- RECORDS FOR PROCESSING
╔══

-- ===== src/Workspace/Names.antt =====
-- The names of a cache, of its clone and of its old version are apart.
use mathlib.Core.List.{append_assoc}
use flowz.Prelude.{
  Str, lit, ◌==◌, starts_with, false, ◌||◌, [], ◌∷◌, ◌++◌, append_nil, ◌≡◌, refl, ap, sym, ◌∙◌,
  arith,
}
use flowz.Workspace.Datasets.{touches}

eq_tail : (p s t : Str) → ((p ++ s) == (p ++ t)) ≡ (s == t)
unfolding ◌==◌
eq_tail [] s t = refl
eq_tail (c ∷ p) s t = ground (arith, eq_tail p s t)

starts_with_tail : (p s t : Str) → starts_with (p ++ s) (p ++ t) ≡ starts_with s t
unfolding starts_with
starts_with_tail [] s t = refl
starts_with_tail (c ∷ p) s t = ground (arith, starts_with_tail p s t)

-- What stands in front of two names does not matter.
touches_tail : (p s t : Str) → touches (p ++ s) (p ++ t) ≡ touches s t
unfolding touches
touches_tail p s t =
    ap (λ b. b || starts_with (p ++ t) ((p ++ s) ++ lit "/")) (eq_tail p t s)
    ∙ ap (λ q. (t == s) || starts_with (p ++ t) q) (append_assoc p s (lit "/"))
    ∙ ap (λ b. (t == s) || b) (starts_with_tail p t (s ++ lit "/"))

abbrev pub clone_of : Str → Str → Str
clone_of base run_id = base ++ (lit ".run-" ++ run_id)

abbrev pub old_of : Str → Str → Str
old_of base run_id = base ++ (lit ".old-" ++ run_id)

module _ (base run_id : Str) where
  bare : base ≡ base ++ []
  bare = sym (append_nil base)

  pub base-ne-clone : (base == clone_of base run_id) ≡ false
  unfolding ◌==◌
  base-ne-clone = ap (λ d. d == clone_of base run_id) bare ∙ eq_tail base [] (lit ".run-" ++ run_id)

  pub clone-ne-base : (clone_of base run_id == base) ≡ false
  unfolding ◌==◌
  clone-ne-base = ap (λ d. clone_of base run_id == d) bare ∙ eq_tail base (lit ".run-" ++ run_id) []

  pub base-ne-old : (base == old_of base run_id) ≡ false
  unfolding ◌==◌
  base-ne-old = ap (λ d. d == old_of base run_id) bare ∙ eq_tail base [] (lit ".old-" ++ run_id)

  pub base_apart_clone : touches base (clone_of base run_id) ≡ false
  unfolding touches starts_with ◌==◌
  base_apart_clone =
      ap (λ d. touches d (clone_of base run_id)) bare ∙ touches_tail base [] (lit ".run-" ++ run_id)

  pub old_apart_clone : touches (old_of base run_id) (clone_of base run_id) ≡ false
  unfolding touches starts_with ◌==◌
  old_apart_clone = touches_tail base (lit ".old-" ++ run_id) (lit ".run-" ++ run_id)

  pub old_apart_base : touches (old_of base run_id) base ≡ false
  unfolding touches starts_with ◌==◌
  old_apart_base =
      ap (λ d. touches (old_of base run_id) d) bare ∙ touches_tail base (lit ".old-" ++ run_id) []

╚══
╔══

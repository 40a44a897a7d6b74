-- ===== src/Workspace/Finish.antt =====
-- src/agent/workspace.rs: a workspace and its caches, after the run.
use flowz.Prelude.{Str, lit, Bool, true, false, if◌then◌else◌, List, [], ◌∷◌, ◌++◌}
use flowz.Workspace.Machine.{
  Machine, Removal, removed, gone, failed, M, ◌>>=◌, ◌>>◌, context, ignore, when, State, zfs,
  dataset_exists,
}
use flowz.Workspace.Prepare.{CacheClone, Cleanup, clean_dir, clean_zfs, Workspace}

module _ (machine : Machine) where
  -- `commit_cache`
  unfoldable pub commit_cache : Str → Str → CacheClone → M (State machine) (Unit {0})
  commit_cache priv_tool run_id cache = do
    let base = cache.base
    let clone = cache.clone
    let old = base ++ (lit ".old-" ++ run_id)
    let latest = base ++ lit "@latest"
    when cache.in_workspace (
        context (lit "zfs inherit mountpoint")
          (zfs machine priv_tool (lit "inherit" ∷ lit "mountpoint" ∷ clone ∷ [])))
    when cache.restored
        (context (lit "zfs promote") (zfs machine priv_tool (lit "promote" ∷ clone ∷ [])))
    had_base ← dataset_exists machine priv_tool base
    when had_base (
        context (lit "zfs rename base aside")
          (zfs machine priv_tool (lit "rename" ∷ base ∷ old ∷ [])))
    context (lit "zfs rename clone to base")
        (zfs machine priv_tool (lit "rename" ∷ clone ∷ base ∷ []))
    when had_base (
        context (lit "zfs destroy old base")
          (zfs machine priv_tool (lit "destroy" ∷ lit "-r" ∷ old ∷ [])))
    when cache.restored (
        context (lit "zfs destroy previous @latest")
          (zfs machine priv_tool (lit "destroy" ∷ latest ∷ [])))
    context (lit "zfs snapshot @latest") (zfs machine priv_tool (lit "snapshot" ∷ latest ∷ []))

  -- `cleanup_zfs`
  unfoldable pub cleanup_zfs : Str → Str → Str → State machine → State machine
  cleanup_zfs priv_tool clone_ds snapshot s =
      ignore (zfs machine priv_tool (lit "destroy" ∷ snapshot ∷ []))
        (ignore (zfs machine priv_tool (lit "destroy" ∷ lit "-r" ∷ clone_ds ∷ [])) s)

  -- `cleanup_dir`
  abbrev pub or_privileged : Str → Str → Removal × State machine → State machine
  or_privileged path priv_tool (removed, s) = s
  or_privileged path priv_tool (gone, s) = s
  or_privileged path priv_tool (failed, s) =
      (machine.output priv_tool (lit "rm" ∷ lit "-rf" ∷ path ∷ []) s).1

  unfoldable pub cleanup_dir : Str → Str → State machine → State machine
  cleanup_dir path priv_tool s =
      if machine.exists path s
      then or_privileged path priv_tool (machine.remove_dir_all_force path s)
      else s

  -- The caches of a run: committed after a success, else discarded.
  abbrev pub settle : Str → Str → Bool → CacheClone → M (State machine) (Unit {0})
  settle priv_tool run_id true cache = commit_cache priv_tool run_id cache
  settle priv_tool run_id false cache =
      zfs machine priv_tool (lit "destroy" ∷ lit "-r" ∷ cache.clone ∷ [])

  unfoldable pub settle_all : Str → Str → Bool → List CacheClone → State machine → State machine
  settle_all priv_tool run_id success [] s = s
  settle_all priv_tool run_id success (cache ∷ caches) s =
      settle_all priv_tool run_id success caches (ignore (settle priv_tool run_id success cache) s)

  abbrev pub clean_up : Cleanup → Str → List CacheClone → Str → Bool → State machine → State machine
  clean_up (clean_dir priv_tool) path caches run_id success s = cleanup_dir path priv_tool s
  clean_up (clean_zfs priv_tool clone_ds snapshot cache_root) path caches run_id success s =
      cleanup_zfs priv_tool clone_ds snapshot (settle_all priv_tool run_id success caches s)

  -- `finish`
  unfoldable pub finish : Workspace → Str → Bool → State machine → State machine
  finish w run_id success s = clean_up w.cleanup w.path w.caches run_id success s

╚══

- WHAT THIS TASK INVOLVES
Of the entries listed above, reproduce only the lines starting at the line containing "ap (λ b. b ||" and ending at the line containing "clone-ne-base = ap". Include both, exactly as they stand.

- SOLUTION
    ap (λ b. b || starts_with (p ++ t) ((p ++ s) ++ lit "/")) (eq_tail p t s)
    ∙ ap (λ q. (t == s) || starts_with (p ++ t) q) (append_assoc p s (lit "/"))
    ∙ ap (λ b. (t == s) || b) (starts_with_tail p t (s ++ lit "/"))

abbrev pub clone_of : Str → Str → Str
clone_of base run_id = base ++ (lit ".run-" ++ run_id)

abbrev pub old_of : Str → Str → Str
old_of base run_id = base ++ (lit ".old-" ++ run_id)

module _ (base run_id : Str) where
  bare : base ≡ base ++ []
  bare = sym (append_nil base)

  pub base-ne-clone : (base == clone_of base run_id) ≡ false
  unfolding ◌==◌
  base-ne-clone = ap (λ d. d == clone_of base run_id) bare ∙ eq_tail base [] (lit ".run-" ++ run_id)

  pub clone-ne-base : (clone_of base run_id == base) ≡ false
  unfolding ◌==◌
  clone-ne-base = ap (λ d. clone_of base run_id == d) bare ∙ eq_tail base (lit ".run-" ++ run_id) []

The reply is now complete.